-- ===== src/Students/History.antt =====
-- The statistics after all submissions of a student.
use test.Base.{
  add64, ◌+◌, ◌^◌, ◌≤◌, ◌<◌, ◌≡◌, refl, sym, subst, ◌∙◌, inl, inr, Bool, true, false, List, [], ◌∷◌,
  ◌++◌, Option, none, some, Str, codes, str_eq, eq_of_str_eq, length, length-append, All, sum_by,
  sum_by-append, if◌then◌else◌, arith, Bool-cases, All-append,
}
use mathlib.Core.List.{append_assoc, append-nil}
use test.Submissions.{Submission}
use test.Students.{
  Floats, TargetStats, Student, Finished, new_stats, get_stat, score_result, perf_result,
  count_submission, update_entry, update_stats, update_all,
}
use test.Students.Sorting.{entry_or_new, get_stat-update_stats}
use test.Students.Summary.{Summary, is_for, counts, one_if, other-Summary, added-Summary}

module _ (floats : Floats) where
  -- The original submissions, which are not parts of a split one.
  abbrev pub is_original : Finished floats → Bool
  is_original f = str_eq f.submission.id f.orig_id

  module _ (name : Str) where
    -- What is said of a target after some submissions, by the entry for it.
    abbrev pub Says : List (Finished floats) → Option (TargetStats floats) → Type 0
    Says fs none = All (λ (f : Finished floats). is_for floats name f ≡ false) fs
    Says fs (some t) =
        Summary floats name fs t
        × (t.target_type ≡ codes "asst")
        × (0 < sum_by (λ (f : Finished floats). one_if (is_for floats name f)) fs)

    none_counted :
        (test : Finished floats → Bool) (fs : List (Finished floats))
        → ((f : Finished floats) → is_for floats name f ≡ false → test f ≡ false)
        → All (λ (f : Finished floats). is_for floats name f ≡ false) fs
        → sum_by (λ (f : Finished floats). one_if (test f)) fs ≡ 0
    none_counted test [] k h = refl
    none_counted test (f ∷ fs) k h = ground (arith, k f h.0, none_counted test fs k h.1)

    none_for :
        (P : Finished floats → Type 0) (fs : List (Finished floats))
        → ((f : Finished floats) → is_for floats name f ≡ false → P f)
        → All (λ (f : Finished floats). is_for floats name f ≡ false) fs
        → All P fs
    none_for P [] k h = tt
    none_for P (f ∷ fs) k h = (k f h.0, none_for P fs k h.1)

    new-Summary :
        (fs : List (Finished floats)) (s : Submission)
        → All (λ (f : Finished floats). is_for floats name f ≡ false) fs
        → Summary floats name fs (new_stats floats s)
    unfolding new_stats
    new-Summary fs s h = record {
      total = sym (none_counted (is_for floats name) fs (λ f k. k) h);
      complete = sym (none_counted (counts floats name) fs (λ f k. ground arith) h);
      at_most = none_for _ fs (λ f k c. cc) h;
      reached = inl refl;
      lowest =
          λ p. (none_for _ fs (λ f k c. cc) h, inl (refl, none_for _ fs (λ f k. ground arith) h));
    }

    entry_type :
        (f : Finished floats) (t : TargetStats floats)
        → (update_entry floats f t).target_type ≡ t.target_type
    unfolding update_entry count_submission score_result perf_result
    entry_type f t = ground arith

    -- One submission for the target is enough, wherever it stands.
    for-last :
        (fs : List (Finished floats)) (f : Finished floats)
        → is_for floats name f ≡ true
        → 0 < sum_by (λ (g : Finished floats). one_if (is_for floats name g)) (fs ++ f ∷ [])
    for-last fs f h =
        ground (
          arith,
          sum_by-append (λ (g : Finished floats). one_if (is_for floats name g)) fs (f ∷ []),
        )

    for-before :
        (fs : List (Finished floats)) (f : Finished floats)
        → 0 < sum_by (λ (g : Finished floats). one_if (is_for floats name g)) fs
        → 0 < sum_by (λ (g : Finished floats). one_if (is_for floats name g)) (fs ++ f ∷ [])
    for-before fs f h =
        omega (
          arith,
          sum_by-append (λ (g : Finished floats). one_if (is_for floats name g)) fs (f ∷ []),
        )

    step-Says :
        (fs : List (Finished floats)) (f : Finished floats) (o : Option (TargetStats floats))
        → length fs + 1 < 2 ^ 64
        → (is_for floats name f ≡ true → f.submission.target_type ≡ codes "asst")
        → Says fs o
        → Says (fs ++ f ∷ []) (
            if is_for floats name f
            then some (update_entry floats f (entry_or_new floats f.submission o))
            else o)
    unfolding new_stats
    step-Says fs f none short asst h = elim (Bool-cases (is_for floats name f)) [
      | inl here ↦ rw here (
        added-Summary floats name fs f _ (new-Summary fs f.submission h) short (asst here) here,
        entry_type f _ ∙ asst here,
        for-last fs f here,
      )
      | inr other ↦ rw other (All-append _ fs (f ∷ []) h (other, tt))
    ]
    step-Says fs f (some t) short asst h = elim (Bool-cases (is_for floats name f)) [
      | inl here ↦ rw here (
        added-Summary floats name fs f t h.0 short h.1 here,
        entry_type f t ∙ h.1,
        for-last fs f here,
      )
      | inr other ↦
          rw other (other-Summary floats name fs f t h.0 short other, h.1, for-before fs f h.2)
    ]

    found :
        (f : Finished floats) (student : Student floats)
        → get_stat floats name (update_stats floats f student).stats ≡ (
            if is_for floats name f
            then some (
                update_entry floats f
                  (entry_or_new floats f.submission (get_stat floats name student.stats)))
            else get_stat floats name student.stats)
    found f student =
        get_stat-update_stats floats f student name ∙ elim (Bool-cases (is_for floats name f)) [
          | inl here ↦ rw here (rw (eq_of_str_eq f.submission.target_name name here) refl)
          | inr other ↦ rw other refl
        ]

    all-Says :
        (fs before : List (Finished floats)) (student : Student floats)
        → length before + length fs < 2 ^ 64
        → All
            (λ (f : Finished floats).
              is_for floats name f ≡ true → f.submission.target_type ≡ codes "asst")
            fs
        → Says before (get_stat floats name student.stats)
        → Says (before ++ fs) (get_stat floats name (update_all floats fs student).stats)
    unfolding update_all
    all-Says [] before student short asst h = rw append-nil h
    all-Says (f ∷ fs) before student short asst h =
        let now : Says (before ++ f ∷ [])
            (get_stat floats name (update_stats floats f student).stats) =
          subst (Says (before ++ f ∷ [])) (sym (found f student))
            (step-Says before f _ (omega arith) asst.0 h) in
        subst
          (λ (all : List (Finished floats)).
            Says all
              (get_stat floats name (update_all floats fs (update_stats floats f student)).stats))
          (append_assoc before (f ∷ []) fs)
          (all-Says fs (before ++ f ∷ []) (update_stats floats f student)
            (omega (arith, length-append before (f ∷ []))) asst.1 now)

  counted_once :
      (f : Finished floats) (student : Student floats)
      → student.total_submissions + 1 < 2 ^ 64
      → (update_stats floats f student).total_submissions
        ≡ student.total_submissions + one_if (is_original f)
  unfolding update_stats add64
  counted_once f student h = ground arith

  submitted :
      (fs : List (Finished floats)) (student : Student floats)
      → student.total_submissions + length fs < 2 ^ 64
      → (update_all floats fs student).total_submissions
        ≡ student.total_submissions + sum_by (λ (f : Finished floats). one_if (is_original f)) fs
  unfolding update_all
  submitted [] student h = omega arith
  submitted (f ∷ fs) student h =
      let once = counted_once f student (omega arith) in
      let most : one_if (is_original f) ≤ 1 = ground arith in
      submitted fs (update_stats floats f student) (omega (arith, once, most)) ∙ omega (arith, once)

  -- The statistics of a new student after fewer than 2 ^ 64 submissions, of which those for the target
  -- `name` have assignment scoring: there is no entry for the target exactly if no submission was for it;
  -- the entry says how many submissions were for it, how many of them count, the highest score of these
  -- (0 if there is none), and the lowest if none of them is 0; and the student's own count is that of
  -- the submissions that are not parts of a split one.
  pub update_all-Summary :
      (name : Str) (fs : List (Finished floats)) (student : Student floats)
      → student.stats ≡ []
      → student.total_submissions ≡ 0
      → length fs < 2 ^ 64
      → All
          (λ (f : Finished floats).
            is_for floats name f ≡ true → f.submission.target_type ≡ codes "asst")
          fs
      → Says name fs (get_stat floats name (update_all floats fs student).stats)
        × ((update_all floats fs student).total_submissions
            ≡ sum_by (λ (f : Finished floats). one_if (is_original f)) fs)
  unfolding get_stat
  update_all-Summary name fs student empty zero short asst = (
    all-Says name fs [] student (omega arith) asst (
        subst (λ (ts : List (TargetStats floats)). Says name [] (get_stat floats name ts))
          (sym empty) tt),
    submitted fs student (omega arith) ∙ omega arith,
  )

--------------------------------------------------

:: Task description ::
Find the line with "submitted [] student h = omega arith" in the listing. Reproduce it and all the lines after it, exactly, through the last line.

:: Reply ::
  submitted [] student h = omega arith
  submitted (f ∷ fs) student h =
      let once = counted_once f student (omega arith) in
      let most : one_if (is_original f) ≤ 1 = ground arith in
      submitted fs (update_stats floats f student) (omega (arith, once, most)) ∙ omega (arith, once)

  -- The statistics of a new student after fewer than 2 ^ 64 submissions, of which those for the target
  -- `name` have assignment scoring: there is no entry for the target exactly if no submission was for it;
  -- the entry says how many submissions were for it, how many of them count, the highest score of these
  -- (0 if there is none), and the lowest if none of them is 0; and the student's own count is that of
  -- the submissions that are not parts of a split one.
  pub update_all-Summary :
      (name : Str) (fs : List (Finished floats)) (student : Student floats)
      → student.stats ≡ []
      → student.total_submissions ≡ 0
      → length fs < 2 ^ 64
      → All
          (λ (f : Finished floats).
            is_for floats name f ≡ true → f.submission.target_type ≡ codes "asst")
          fs
      → Says name fs (get_stat floats name (update_all floats fs student).stats)
        × ((update_all floats fs student).total_submissions
            ≡ sum_by (λ (f : Finished floats). one_if (is_original f)) fs)
  unfolding get_stat
  update_all-Summary name fs student empty zero short asst = (
    all-Says name fs [] student (omega arith) asst (
        subst (λ (ts : List (TargetStats floats)). Says name [] (get_stat floats name ts))
          (sym empty) tt),
    submitted fs student (omega arith) ∙ omega arith,
  )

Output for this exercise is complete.